# My first planted tank



## mojo8427 (Jun 18, 2013)

So this is my first, it's a bit messy with millions of pond snails. I ordered some assassins so HOPEFULLY they will be all gone in a couple months. Only critters are 2 plecos and lots of not-so-yellow neos. Trying to find some around the area but no LFS carry them.


----------



## Sluuuder (Feb 7, 2012)

Beautiful tank! Whats carpeting the bottom?


----------



## Lil' Swimz$ (Jul 24, 2010)

Sluuuder said:


> Beautiful tank! Whats carpeting the bottom?


You mean the top? lol jk 

I would like to know as well.


----------



## Mankey (Jun 17, 2013)

Wow... I love the tank.
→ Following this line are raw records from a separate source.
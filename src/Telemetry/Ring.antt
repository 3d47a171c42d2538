-- ===== src/Telemetry/Ring.antt =====
-- internal/infra/telemetry/ringbuffer.go: the ring of samples, Push, PushBatch and the search of
-- QueryRange for the samples of its series. `none` is a nil pointer. `head` and `size` stay at most
-- the capacity, so that no `int` here overflows and no index is out of range. A float64 is an argument.
use aurora_old.Base.{
  ℕ, zero, suc, ◌+◌, ◌-◌, ◌%◌, ltb, String, ◌==◌, Bool, not, ◌&&◌, ◌||◌, Option, none, some, List,
  [], ◌∷◌, if◌then◌else◌, get_elem?, set, replicate,
}
use aurora_old.Base.Int.{ℤ, pos, pos_part, ltb_ℤ, leb_ℤ}

module _ (Float64 : Type 0) where
  pub record MetricSample : Type 0 where
    pub resource_type : String
    pub resource_id : String
    pub metric_name : String
    pub value : Float64
    pub timestamp : ℤ

  pub record RingBuffer : Type 0 where
    pub capacity : ℕ
    pub samples : List (Option MetricSample)
    pub head : ℕ
    pub size : ℕ

unfoldable pub capacity_for : ℤ → ℕ
capacity_for c = if leb_ℤ c (pos 0) then 50000 else pos_part c

module _ {Float64 : Type 0} where
  unfoldable pub new_ring : ℤ → RingBuffer Float64
  new_ring c = record {
    capacity = capacity_for c;
    samples = replicate (capacity_for c) none;
    head = 0;
    size = 0;
  }

  unfoldable pub store : MetricSample Float64 → RingBuffer Float64 → RingBuffer Float64
  store s r = record r {
    samples = set r.samples r.head (some s);
    head = (r.head + 1) % r.capacity;
    size = if ltb r.size r.capacity then r.size + 1 else r.size;
  }

  unfoldable pub push : Option (MetricSample Float64) → RingBuffer Float64 → RingBuffer Float64
  push none r = r
  push (some s) r = store s r

  -- The loop of `PushBatch`, which skips nil.
  unfoldable pub push_batch :
      List (Option (MetricSample Float64)) → RingBuffer Float64 → RingBuffer Float64
  push_batch [] r = r
  push_batch (none ∷ rest) r = push_batch rest r
  push_batch (some s ∷ rest) r = push_batch rest (store s r)

  abbrev pub joined : Option (Option (MetricSample Float64)) → Option (MetricSample Float64)
  joined none = none
  joined (some s) = s

  -- `rb.samples[(rb.head - 1 - i + rb.capacity) % rb.capacity]`
  unfoldable pub sample_at : RingBuffer Float64 → ℕ → Option (MetricSample Float64)
  sample_at r i = joined (get_elem? r.samples ((r.head + r.capacity - 1 - i) % r.capacity))

  -- The samples of one series between two times.
  unfoldable pub in_series : String → String → String → ℤ → ℤ → MetricSample Float64 → Bool
  in_series res_type res_id name from to s =
      s.resource_type == res_type
      && (s.resource_id == res_id
          && (s.metric_name == name
              && (not (ltb_ℤ s.timestamp from) && not (ltb_ℤ to s.timestamp))))

  -- The loop from `i` over the `n` indices that are left.
  unfoldable pub matching_from :
      (MetricSample Float64 → Bool) → RingBuffer Float64 → ℕ → ℕ → List (MetricSample Float64)
  matching_from fits r i zero = []
  matching_from fits r i (suc n) =
      let rest = matching_from fits r (suc i) n in
      elim (sample_at r i) [ none ↦ rest | some s ↦ if fits s then s ∷ rest else rest ]

  unfoldable pub matching :
      String → String → String → ℤ → ℤ → RingBuffer Float64 → List (MetricSample Float64)
  matching res_type res_id name from to r =
      matching_from (in_series res_type res_id name from to) r 0 r.size

unfoldable pub get_metric_unit : String → String
get_metric_unit name =
    if name == "cpu_percent"
    then "%"
    else if name == "memory_used_bytes"
        || name == "memory_total_bytes"
        || name == "disk_used_bytes"
        || name == "disk_total_bytes"
        || name == "net_rx_bytes"
        || name == "net_tx_bytes"
    then "bytes"
    else if name == "load_1m" || name == "load_5m" || name == "load_15m"
    then "load"
    else "value"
It's so simple, yet so beautiful. I'd imagine that it's like hideout heaven for your shrimps. I kinda wish I could find a store that sold shrimps like that. They're even making me kinda question whether I should go with cherry shrimp for my first planted tank or not.


----------



## Dan's85 (Mar 18, 2013)

That's AMAZING!!! I never knew it was possible to have an upside down tank, not to mention how you got the air bubbles from the stone to go down instead of up!! Seriously though, beautiful tank, I'm hoping the carpet in my 40b looks that good.


----------



## HannahAubree (Mar 26, 2013)

hello i was also wondering what carpet you used for that tank and if you have co2? I am also beginning a shrimp tank and trying to figure out what carpet to use... thanks:icon_bigg


----------



## MikeP_123 (Aug 31, 2008)

Tell us what we need to know!!! lol


----------



## migs_hernan (Jan 12, 2013)

Nice pictures but I wish you can rotate them to normal angle for better viewing.


----------